I looked down at little Dennis Junior who was sleeping
peacefully and quietly chunnering about how hard it was to accurately
catalogue the output of all the channels aimed at children because (a)
there were so many of them, (b) their programmes were so repetitive that
it was difficult to distinguish between them, (c) he was regularly
interrupted owing to his presently poor bowel control and (d) he couldn’t
write yet. Could it really be a whole year since I stood in that hospital
and was handed a rather mucky object and told I had become a parent?
"Oooh – is that a baby?" asked a passing woman.
"Yes" I replied.
"Oooh – I love babies. Can I look at the beautiful
little thing?" she cooed.
"Yes" I repeated.
"Aren’t you the most lovely little creature?" she
simpered as I handed little Dennis Junior over to her care.
"Yes you are – yes you are" she prattled as she got a
firm grip. "Yes you… urgh. Um… oh… right… here you are" and she all but
tossed him back to me.
"Is there a problem, madam?" I asked.
"I… need… a… drink…" she stammered.
I didn’t take offence when she insulted my child. Nor
did I take offence when she downed four large whiskeys in an effort to,
and I’m quoting, ‘get over the shock’. But I did consider it the height of
bad manners when she returned half an hour later with a priest and enough
salt to draw what she called a ‘protection circle’ around my son and I.

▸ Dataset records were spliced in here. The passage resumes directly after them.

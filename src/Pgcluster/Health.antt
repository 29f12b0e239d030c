-- ===== src/Pgcluster/Health.antt =====
-- Health checks of nodes, in pgcluster/health.go.
pub mod Laws
pub mod Cluster
use svckit.Base.{
  ℕ, suc, ◌*◌, ltb, Bool, true, false, not, ◌&&◌, ◌||◌, List, [], ◌∷◌, Option, none, some,
  if◌then◌else◌,
}
use svckit.Base.Int.{pos, ltb_ℤ, sub_ℕ}
use svckit.Base.Run.{Run, done, ◌>>=◌}
use svckit.Base.Text.{Text, codes, to_lower}
use svckit.Base.Text
use svckit.Pgcluster.Node.{
  health_healthy, health_degraded, health_failed, DatabaseNode, ClusterConfig, is_healthy,
  is_writer,
}
use svckit.Pgcluster.Connect.{Dial, connect_to_node, has_healthy_nodes}

abbrev pub retryable_keywords : List Text
retryable_keywords =
    codes "connection refused"
    ∷ codes "timeout"
    ∷ codes "network"
    ∷ codes "dial"
    ∷ codes "temporary"
    ∷ codes "connection reset"
    ∷ codes "broken pipe"
    ∷ codes "no route to host"
    ∷ codes "connection timed out"
    ∷ codes "i/o timeout"
    ∷ codes "context deadline exceeded"
    ∷ []

abbrev pub non_retryable_keywords : List Text
non_retryable_keywords =
    codes "authentication"
    ∷ codes "password"
    ∷ codes "permission denied"
    ∷ codes "access denied"
    ∷ codes "database does not exist"
    ∷ codes "role does not exist"
    ∷ codes "syntax error"
    ∷ codes "invalid"
    ∷ codes "malformed"
    ∷ codes "ssl required"
    ∷ []

-- `contains(s, substr)` of the package, which ignores case.
unfoldable pub contains : Text → Text → Bool
contains s substr = Text.contains (to_lower s) (to_lower substr)

unfoldable pub mentions : Text → List Text → Bool
mentions s [] = false
mentions s (k ∷ ks) = contains s k || mentions s ks

-- `isRetryableError(err)`, on the text of a non-nil error.
unfoldable pub is_retryable_error : Text → Bool
unfolding mentions
is_retryable_error e =
    if mentions e retryable_keywords
    then true
    else (if mentions e non_retryable_keywords then false else true)

-- What one check meets: the clock, the answer to the ping and how long it took, and what a
-- reconnection would meet.
pub record Checkup : Type 0 where
  pub now : ℕ
  pub ping : Option Text
  pub took : ℕ
  pub dial : Dial

abbrev pub second : ℕ
second = 1000000000

-- `time.Since(node.lastCheck) < 10*time.Second`
abbrev pub checked_recently : Checkup → DatabaseNode → Bool
checked_recently x node = ltb_ℤ (sub_ℕ x.now node.last_check) (pos (10 * second))

-- The branch of a failed ping.
unfoldable pub ping_failed : Text → DatabaseNode → DatabaseNode
unfolding is_retryable_error
ping_failed e node =
    let counted = record node { error_count = suc node.error_count; last_error = some e } in
    if is_retryable_error e
    then (if is_healthy node.health then record counted { health = health_degraded } else counted)
    else record counted { health = health_failed; sql_db = none }

-- The branch of an answered ping.
unfoldable pub ping_answered : DatabaseNode → DatabaseNode
ping_answered node =
    let recovered =
      if is_healthy node.health
      then node
      else record node { health = health_healthy; last_error = none } in
    if ltb (5 * second) recovered.response_time
    then (if is_healthy recovered.health
        then record recovered { health = health_degraded }
        else recovered)
    else recovered

pub ping_sql_db : Checkup → DatabaseNode → DatabaseNode
unfolding ping_failed ping_answered
ping_sql_db x node = elim x.ping [
  | some e ↦ ping_failed e (record node { response_time = x.took })
  | none ↦ ping_answered (record node { response_time = x.took })
]

-- `checkNodeHealth(node)`. It holds the node's mutex, which `connectToNode` locks too.
unfoldable pub check_node_health : ClusterConfig → Checkup → DatabaseNode → Run DatabaseNode
unfolding ping_sql_db
check_node_health c x node =
    let checked = record node { last_check = x.now } in
    let reconnected : Run DatabaseNode = (do r ← connect_to_node true c x.dial checked; done r.0) in
    if checked_recently x node
    then done node
    else (elim node.sql_db [ none ↦ reconnected | some db ↦ done (ping_sql_db x checked) ])

-- `performHealthChecks`: each node is checked by a goroutine of its own, which touches nothing else.
unfoldable pub perform_health_checks :
    ClusterConfig → (ℕ → Checkup) → ℕ → List DatabaseNode → Run (List DatabaseNode)
perform_health_checks c checkups i [] = done []
perform_health_checks c checkups i (n ∷ ns) = do
  n' ← check_node_health c (checkups i) n
  ns' ← perform_health_checks c checkups (suc i) ns
  done (n' ∷ ns')

pub data HealthCheckError : Type 0 where
  no_healthy_nodes no_healthy_writer : HealthCheckError

unfoldable pub writer_healthy : List DatabaseNode → Bool
writer_healthy [] = false
writer_healthy (n ∷ ns) = (is_healthy n.health && is_writer n.role) || writer_healthy ns

-- `HealthCheck()`, where the checks end, or hang, within its 100 ms: a hanging one holds the mutex
-- of its node, on which `hasHealthyNodes` then waits.
unfoldable pub health_check :
    ClusterConfig
    → (ℕ → Checkup)
    → List DatabaseNode
    → Run (List DatabaseNode × Option HealthCheckError)
unfolding perform_health_checks writer_healthy has_healthy_nodes
health_check c checkups nodes = do
  ns ← perform_health_checks c checkups 0 nodes
  done (
    ns,
    (if not (has_healthy_nodes ns)
        then some no_healthy_nodes
        else (if not (writer_healthy ns) then some no_healthy_writer else none)),
  )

People can be so rude, especially when they are maggot-ridden peasants
like her.
"What’s that you’re holding?" asked Ian Devine upon his
return from the facilities (he’d decided not to visit Mr Wetfinger as the
rolling news channel suggested a heavy police presence in the area and he
wasn’t entirely convinced that proof of innocence would be enough to keep
him out of gaol). "Is it a pie? Have you snuck out to buy me an extra big
pie in luxury cotton-wool mix wrapping? It is isn’t it? It’s a luxury pie
for your very closest colleague."
"It is my son."
"Oh Dennis Brent – you are too kind. But when did you
take holy orders?"
"I mean that the object I’m holding is my son – little
Dennis Junior."
"Oh" he said, deflating in all but size.
"Nurse Simian dropped him off on the way to a tarot
card reading and I’ve got to look after him."
"It looks rather easy" he said. "All it does is sleep
and chunner. Did I just hear the word ‘Nickelodeon’?"
"You did."
"He’s very advanced for his age."
"He is."
"Is that Uncle Ian Devine?" came a voice from the
bundle of swaddling clothes.
"Yes, Dennis Brent Junior, it is I - Uncle Ian Devine."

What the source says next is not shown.